Promote the standalone in the back of your better-selling books, especially the last book of any series.

I'm not sure what to do about reviews at this point. I make a big push to get them on release, then let them build organically.

Yes, I have standalones. None of them are bestsellers or anything, but they are all in the black and making a little money.

Final thought: As much as we hate to admit it, we all have that one book that never performs like we think it should. You can try changing covers, relaunching, promotions, all the things. Maybe something will shake loose. Sometimes it just won't fly.

I am giving away the whole thing on IF in exchange for a newsletter sign up. I hesitate to do a sample just because I've had readers complain about signing up for newsletters when they get only a portion of the book. I'll have to think about them.

I'm always trying for BookBub but I think with no reviews, I don't have much of a chance. Fingers crossed that will change one day though. I definitely am working on building my newsletter.  Promoting it in the back of a better selling series book is a great idea. I should give that a shot. Making a little money would be so nice, but yeah, maybe it's just not meant to be. Thanks for your thoughts!

Perhaps you should consider placing the book in the Kindle Scout program.

Even if it doesn't win you can get some good exposure.


I haven't thought about Kindle Scout before. I'll have to look into that. Thanks!

I have a lot of standalone novels and I get lots of SALES for all of them. If it is not selling, perhaps there is another reason other than it being a standalone novel.

That could definitely be. I just changed the cover, but the blurb could probably use some work.

Iíd consider giving the book away free as a mailing list building incentive for your more popular series.

Definitely doing that. It's gotten quite a bit of traction there. :)

I put mine on audio with ACX for a royalty split.  It's doing fairly well. :) 

A lot less competition and it's a historical romance.  Applied and got accepted into the romance package, but we won't have any numbers for a little while. 

ACX is an interesting idea. I wonder if I could get anyone to do a royalty split where it's older with no reviews though. It's worth a try though. Good luck in the romance package!

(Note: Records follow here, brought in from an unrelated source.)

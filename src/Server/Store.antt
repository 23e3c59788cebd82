-- ===== src/Server/Store.antt =====
-- src/server/server.cc: the first half of ServePush, the update that is put into a buffer.
use plug_in_ml.Base.{
  ℕ, suc, ◌+◌, ◌≤◌, ◌<◌, ◌≡◌, refl, ap, ◌∙◌, true, some, List, [], ◌∷◌, ◌++◌, ℤ, get_elem?,
  get_elem?-some, set, length, length-set, length-append, drop, drop-cons, All, All-set, All-append,
  All-get_elem?, lookup, insert, contains, for, arith,
}
use mathlib.Core.List.{append_assoc, append-nil}
use plug_in_ml.Message.{RequestMessage}
use plug_in_ml.Server.KeyValueList
use plug_in_ml.Server.KeyValueList.{KeyValueList}
use plug_in_ml.Server.PullInfo.{PullInfo}
use plug_in_ml.Server.State.{Server, touch, index_of}
use plug_in_ml.Server.Push.{add_update_pair, read_update, store_update}
use plug_in_ml.Server.Average.{InSegment, IsUpdate}
use plug_in_ml.Server.Rounds.{tally, tally-set, length-tally, AtMost}

-- A waiting request for keys of the segment.
pub record Waits (start : ℤ) (len : ℕ) (p : PullInfo) : Type 0 where
  pub counted : p.length_field ≡ length p.keys
  pub inside : All (InSegment start len) p.keys

-- A push that fits the segment: as many values as keys, every key inside.
pub record Fits {F : Type 0} (start : ℤ) (len : ℕ) (request : RequestMessage F) : Type 0 where
  pub paired : length request.keys ≡ length request.values
  pub inside : All (InSegment start len) request.keys

-- A configured server between two messages, and in the middle of a push.
pub record IsFilled {F : Type 0} (s : Server F) : Type 0 where
  pub bound_pos : 0 < s.consistency_bound
  pub agents : length s.version_buffer ≡ s.agent_num
  pub counts : s.finish_count ≡ tally 0 s.consistency_bound s.version_buffer
  pub full : AtMost s.consistency_bound s.version_buffer
  pub updates : All (All (IsUpdate s.start_key s.parameter_length)) s.version_buffer
  pub sized : length s.parameters ≡ s.parameter_length
  pub requests : All (Waits s.start_key s.parameter_length) s.pull_request
  pub peers : length s.server_ids ≡ s.server_num
  pub copies : s.backup_size < s.server_num
  pub indexed : (id : ℤ) (i : ℕ) → lookup id s.id_to_index ≡ some i → i < s.agent_num
  pub known :
      (id : ℤ) → contains id s.agent_ids ≡ true → (i : ℕ) × (lookup id s.id_to_index ≡ some i)

insert-known : (k : ℤ) (v w : ℕ) (m : List (ℤ × ℕ)) → lookup k m ≡ some w → insert k v m ≡ m
unfolding lookup insert
insert-known k v w [] e = cc
insert-known k v w ((j, u) ∷ m) e = ground (arith, insert-known k v w m)

pub touch-known : (id : ℤ) (i : ℕ) (m : List (ℤ × ℕ)) → lookup id m ≡ some i → touch id m ≡ m
unfolding touch
touch-known id i m e = insert-known id 0 i m e

pub index_of-known : (id : ℤ) (i : ℕ) (m : List (ℤ × ℕ)) → lookup id m ≡ some i → index_of id m ≡ i
unfolding index_of
index_of-known id i m e = rw (e, index_of)

module _ {F : Type 0} where
  read_loop :
      (request : RequestMessage F) (ks : List ℤ) (vs : List F) (i : ℕ) (u : KeyValueList F)
      → drop i request.keys ≡ ks
      → drop i request.values ≡ vs
      → length ks ≡ length vs
      → for (length ks) i (add_update_pair request) u
        ≡ some (record {
          length_field = u.length_field + length ks;
          keys = u.keys ++ ks;
          values = u.values ++ vs;
        })
  unfolding for add_update_pair KeyValueList.add_pair
  read_loop request [] [] i u dk dv e = ground (arith, append-nil u.keys, append-nil u.values)
  read_loop request [] (v ∷ vs) i u dk dv e = absurd (omega arith)
  read_loop request (k ∷ ks) [] i u dk dv e = absurd (omega arith)
  read_loop request (k ∷ ks) (v ∷ vs) i u dk dv e =
      let here = drop-cons request.keys i k ks dk in
      let there = drop-cons request.values i v vs dv in
      rw (here.0, there.0)
        (read_loop request ks vs (suc i) (KeyValueList.add_pair k v u) here.1 there.1 (omega arith)
          ∙ ground (arith, append_assoc u.keys (k ∷ []) ks, append_assoc u.values (v ∷ []) vs))

  -- The list made of a push holds its keys and values, in order.
  read_update_lem :
      (request : RequestMessage F)
      → length request.keys ≡ length request.values
      → read_update request
        ≡ some (record {
          length_field = length request.keys;
          keys = request.keys;
          values = request.values;
        })
  unfolding read_update KeyValueList.new
  read_update_lem request e =
      read_loop request request.keys request.values 0 KeyValueList.new refl refl e ∙ ground arith

  -- What the buffer gets.
  abbrev pub update_of : RequestMessage F → KeyValueList F
  update_of request = record {
    length_field = length request.keys;
    keys = request.keys;
    values = request.values;
  }

  -- The server with one more update in the buffer `index`.
  abbrev pub stored : Server F → ℕ → List (KeyValueList F) → RequestMessage F → Server F
  stored s index buffer request =
      let buffers = set s.version_buffer index (buffer ++ update_of request ∷ []) in
      record s { finish_count = tally 0 s.consistency_bound buffers; version_buffer = buffers }

  -- A full buffer refuses the update: nothing changes.
  pub store_update_full :
      (s : Server F) (id : ℤ) (request : RequestMessage F) (index : ℕ)
      (buffer : List (KeyValueList F))
      → lookup id s.id_to_index ≡ some index
      → get_elem? s.version_buffer index ≡ some buffer
      → s.consistency_bound ≤ length buffer
      → store_update s id request ≡ some s
  unfolding store_update
  store_update_full s id request index buffer e f h =
      let touched = touch-known id index s.id_to_index e in
      let found = index_of-known id index s.id_to_index e in simp (touched, found, f) (ground arith)

  pub store_update_lem :
      (s : Server F) (id : ℤ) (request : RequestMessage F) (index : ℕ)
      (buffer : List (KeyValueList F))
      → IsFilled s
      → lookup id s.id_to_index ≡ some index
      → get_elem? s.version_buffer index ≡ some buffer
      → length buffer < s.consistency_bound
      → length request.keys ≡ length request.values
      → store_update s id request ≡ some (stored s index buffer request)
  unfolding store_update
  store_update_lem s id request index buffer v e f h paired =
      let touched = touch-known id index s.id_to_index e in
      let found = index_of-known id index s.id_to_index e in
      let count =
        get_elem?-some (tally 0 s.consistency_bound s.version_buffer) (length buffer)
          (omega (arith, length-tally 0 s.consistency_bound s.version_buffer)) in
      let raised =
        tally-set (length buffer) 0 s.consistency_bound index s.version_buffer buffer
          (update_of request) f (omega arith) count.0 count.1 in
      let counted = ap (λ c. get_elem? c (length buffer)) v.counts ∙ count.1 in
      simp (touched, found, f)
        (ground (arith, counted, raised, v.counts, read_update_lem request paired))

  pub stored-IsFilled :
      (s : Server F) (request : RequestMessage F) (index : ℕ) (buffer : List (KeyValueList F))
      → IsFilled s
      → Fits s.start_key s.parameter_length request
      → get_elem? s.version_buffer index ≡ some buffer
      → length buffer < s.consistency_bound
      → IsFilled (stored s index buffer request)
  stored-IsFilled s request index buffer v fits f h = record {
    agents = length-set s.version_buffer index (buffer ++ update_of request ∷ []) ∙ v.agents;
    counts = refl;
    full =
        All-set (λ q. length q ≤ s.consistency_bound) s.version_buffer index
          (buffer ++ update_of request ∷ []) v.full
          (omega (arith, length-append buffer (update_of request ∷ [])));
    updates =
        All-set (All (IsUpdate s.start_key s.parameter_length)) s.version_buffer index
          (buffer ++ update_of request ∷ []) v.updates
          (All-append (IsUpdate s.start_key s.parameter_length) buffer (update_of request ∷ [])
            (All-get_elem? (All (IsUpdate s.start_key s.parameter_length)) s.version_buffer index
              buffer v.updates f)
            (record { counted = refl; paired = fits.paired; inside = fits.inside }, tt));
    bound_pos = v.bound_pos;
    sized = v.sized;
    requests = v.requests;
    peers = v.peers;
    copies = v.copies;
    indexed = v.indexed;
    known = v.known;
  }
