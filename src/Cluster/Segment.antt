-- ===== src/Cluster/Segment.antt =====
-- src/agent/agent.cc, Push, and src/server/server.cc, ServePush: the keys of one message of an agent
-- and the segment of the server that it goes to.
use plug_in_ml.Base.{
  ℕ, zero, suc, ◌+◌, ◌-◌, ◌≤◌, ◌<◌, ◌≡◌, refl, sym, ◌∙◌, some, List, [], ◌∷◌, ℤ, -ℤ_parts,
  get_elem?, get_elem?-drop, length, length-take_le, length-drop, take, drop, All, All-map, arith,
  inl, inr,
}
use mathlib.Core.Path.{subst}
use plug_in_ml.Message.{ConfigMessage, RequestMessage, RequestType}
use plug_in_ml.Partition.{Partition}
use plug_in_ml.Partition.Owner.{part, Owns}
use plug_in_ml.Partition.Runs.{Run}
use plug_in_ml.Agent.State.{ShmStruct, used_keys}
use plug_in_ml.Agent.Push.{slice}
use plug_in_ml.Server.Handle.{start}
use plug_in_ml.Server.State.{Server}
use plug_in_ml.Server.Configure.{range_length}
use plug_in_ml.Server.Average.{InSegment}
use plug_in_ml.Server.Store.{Fits}
use plug_in_ml.Server.Range.{IsSpread, place, place_lem, inner_arc}

module _ {A : Type 0} where
  pub All-of_get :
      (P : A → Type 0) (xs : List A) → ((j : ℕ) (x : A) → get_elem? xs j ≡ some x → P x) → All P xs
  All-of_get P [] h = tt
  All-of_get P (x ∷ xs) h = (h 0 x refl, All-of_get P xs (λ j y e. h (suc j) y e))

  pub get_elem?-take :
      (n j : ℕ) (xs : List A) (x : A)
      → get_elem? (take n xs) j ≡ some x
      → (j < n) × (get_elem? xs j ≡ some x)
  get_elem?-take zero j xs x e = cc
  get_elem?-take (suc n) j [] x e = cc
  get_elem?-take (suc n) zero (y ∷ xs) x e = (omega arith, e)
  get_elem?-take (suc n) (suc j) (y ∷ xs) x e =
      let rest = get_elem?-take n j xs x e in (omega (arith, rest.0), rest.1)

  pub take-get_elem? :
      (n j : ℕ) (xs : List A) (x : A)
      → j < n
      → get_elem? xs j ≡ some x
      → get_elem? (take n xs) j ≡ some x
  take-get_elem? zero j xs x h e = absurd (omega arith)
  take-get_elem? (suc n) j [] x h e = e
  take-get_elem? (suc n) zero (y ∷ xs) x h e = e
  take-get_elem? (suc n) (suc j) (y ∷ xs) x h e = take-get_elem? n j xs x (omega arith) e

  length-slice :
      (start stop : ℕ) (xs : List A)
      → stop ≤ length xs
      → length (slice start stop xs) ≡ stop - start
  length-slice start stop xs h =
      length-take_le (stop - start) (drop start xs) (omega (arith, length-drop start xs))

-- A key that an inner server owns lies in the segment that the server took.
Owns-InSegment :
    (config : ConfigMessage) (i len : ℕ) (key : ℤ)
    → IsSpread config
    → suc i < config.server_num
    → range_length config i ≡ some len
    → Owns config.partition key i
    → InSegment (part config.partition i) len key
Owns-InSegment config i len key c inner e (inl (_, from, below)) =
    let this = place_lem config i c (omega arith) in
    let next = place_lem config (suc i) c inner in
    let same = some-eq (sym e ∙ inner_arc config i c inner) in
    let parts = -ℤ_parts key (part config.partition i) in
    record {
      from_start = omega (arith, parts, from);
      below_end = omega (arith, parts, below, same, this.3, next.3);
    }
  where
    some-eq : {a b : ℕ} → some a ≡ some b → a ≡ b
    some-eq h = cc
Owns-InSegment config i len key c inner e (inr (last, side)) = absurd (omega (arith, c.sized))

-- The keys of a run are those that its server owns.
pub Run-Owns :
    {F : Type 0} (p : Partition) (d : ShmStruct F) (start stop i : ℕ)
    → Run p (used_keys d) start stop i
    → stop ≤ d.size
    → All (λ k. Owns p.part_vec k i) (slice start stop d.keys)
Run-Owns p d start stop i run h =
    All-of_get (λ k. Owns p.part_vec k i) (slice start stop d.keys)
      λ j k e.
        let inside = get_elem?-take (stop - start) j (drop start d.keys) k e in
        run.owned (start + j) k (omega arith) (omega (arith, inside.0, run.progress)) (
          take-get_elem? d.size (start + j) d.keys k (omega (arith, inside.0))
            (sym (get_elem?-drop start d.keys j) ∙ inside.1))

All-Owns-InSegment :
    (config : ConfigMessage) (i len : ℕ) (keys : List ℤ)
    → IsSpread config
    → suc i < config.server_num
    → range_length config i ≡ some len
    → All (λ k. Owns config.partition k i) keys
    → All (InSegment (part config.partition i) len) keys
All-Owns-InSegment config i len keys c inner e h =
    All-map (λ k. Owns config.partition k i) (InSegment (part config.partition i) len)
      (λ k o. Owns-InSegment config i len k c inner e o) keys h

-- The server took its segment at index `i` of the configuration.
pub record HasPlace {F : Type 0} (config : ConfigMessage) (i : ℕ) (s : Server F) : Type 0 where
  pub start : s.start_key ≡ part config.partition i
  pub length_field : range_length config i ≡ some s.parameter_length

-- The request in a message.
abbrev pub run_request : {F : Type 0} → ShmStruct F → ℕ → ℕ → RequestMessage F
run_request d start stop = record {
  request_type = RequestType.key_value;
  keys = slice start stop d.keys;
  values = slice start stop d.values;
}

pub Run-Fits :
    {F : Type 0} (config : ConfigMessage) (p : Partition) (d : ShmStruct F) (s : Server F)
    (start stop i : ℕ)
    → IsSpread config
    → p.part_vec ≡ config.partition
    → HasPlace config i s
    → suc i < config.server_num
    → d.size ≤ length d.keys
    → d.size ≤ length d.values
    → Run p (used_keys d) start stop i
    → Fits s.start_key s.parameter_length (run_request d start stop)
Run-Fits config p d s start stop i c cut place inner nk nv run =
    let within : stop ≤ d.size = omega (arith, run.within, length-take_le d.size d.keys nk) in
    let owned = Run-Owns p d start stop i run within in
    let same = subst (λ vec. All (λ k. Owns vec k i) (slice start stop d.keys)) cut owned in
    record {
      paired =
          length-slice start stop d.keys (omega arith)
          ∙ sym (length-slice start stop d.values (omega arith));
      inside =
          subst (λ z. All (InSegment z s.parameter_length) (slice start stop d.keys))
            (sym place.start)
            (All-Owns-InSegment config i s.parameter_length (slice start stop d.keys) c inner
              place.length_field same);
    }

All my books are standalones (except for Leon Chameleon PI). I started in 2011 with But Can You Drink The Water? at 99c. It took off in the UK with no advertising and was #1 in three categories for a couple of weeks and got to #20 overall in the UK. I sold over 25 000 copies. BUT that was back in 2011. Sales slowed down and I raised the price to $2.99. I'm lucky to sell a couple a month now, except when I do a countdown at 99c.  There is so much more competition now that it's difficult to sell without a  marketing budget.

Things do seem to have a lot more competition now. I'm wondering if I haven't put enough of a marketing budget into it. Hard to do when I'm not sure it's going to make a good ROI, but maybe I just need to buck up and give it a try.

Writers' Cafe / Re: Advertising a Standalone
« on: January 09, 2018, 07:27:38 am »
I just finished another stand-alone and feel your pain. One that I released a couple years ago has yet to show any signs of life. It's a terrible market-reality for folks who love to write stand-alone stories.

I would say that I'm glad I'm not alone, but I'd rather your books were selling ;) I do like writing stand-alones, but I've stuck with series since this book didn't sell. Sad times.

Some ideas:

1. Try Hidden Gems or Book Razor (have I got that name right?) for ARC reviews. There's no time limit on those. Just get some.
2. Price competitively with the subgenre.
3. Get some solid advice on whether your cover is working or not, and your blurb.
4. Try ads that don't require you to discount, like AMS and Facebook.

Don't most YA buyers prefer print? I don't know much about that subgenre but I've heard that YA readers don't buy many ebooks. Could that be an issue holding you back?

Some great ideas, thanks! I've not had much luck with AMS or FB ads yet with other books, but I haven't tried with this book, so it would be worth a go.

I have a YA series that sells fairly well, but I think most of the readers are actually adults. I do have a print copy of it available though, but I've not had much luck selling print of any of my works.

A standalone book does not have to be a bad thing. I have a standalone that sold 4,000 copies at full price in December. I also have a standalone that sold one. For the latter, I've tried changing covers a number of times. Couldn't do much with the blurbs, but they're sometimes a factor. The real problem for my book was setting. Nobody wanted to read about it. I mean, what're you gonna do? *shrug* Sometimes people buy it after they've finished my backlist. For what it's worth, since you've mentioned pricing, I have noticed that it sells better at $2.99 or $3.99 than at $0.99. (It's a 100K-word book.) Anyway, I've arrived at a point where I'd rather not throw money at it. I've moved on to other books that do sell.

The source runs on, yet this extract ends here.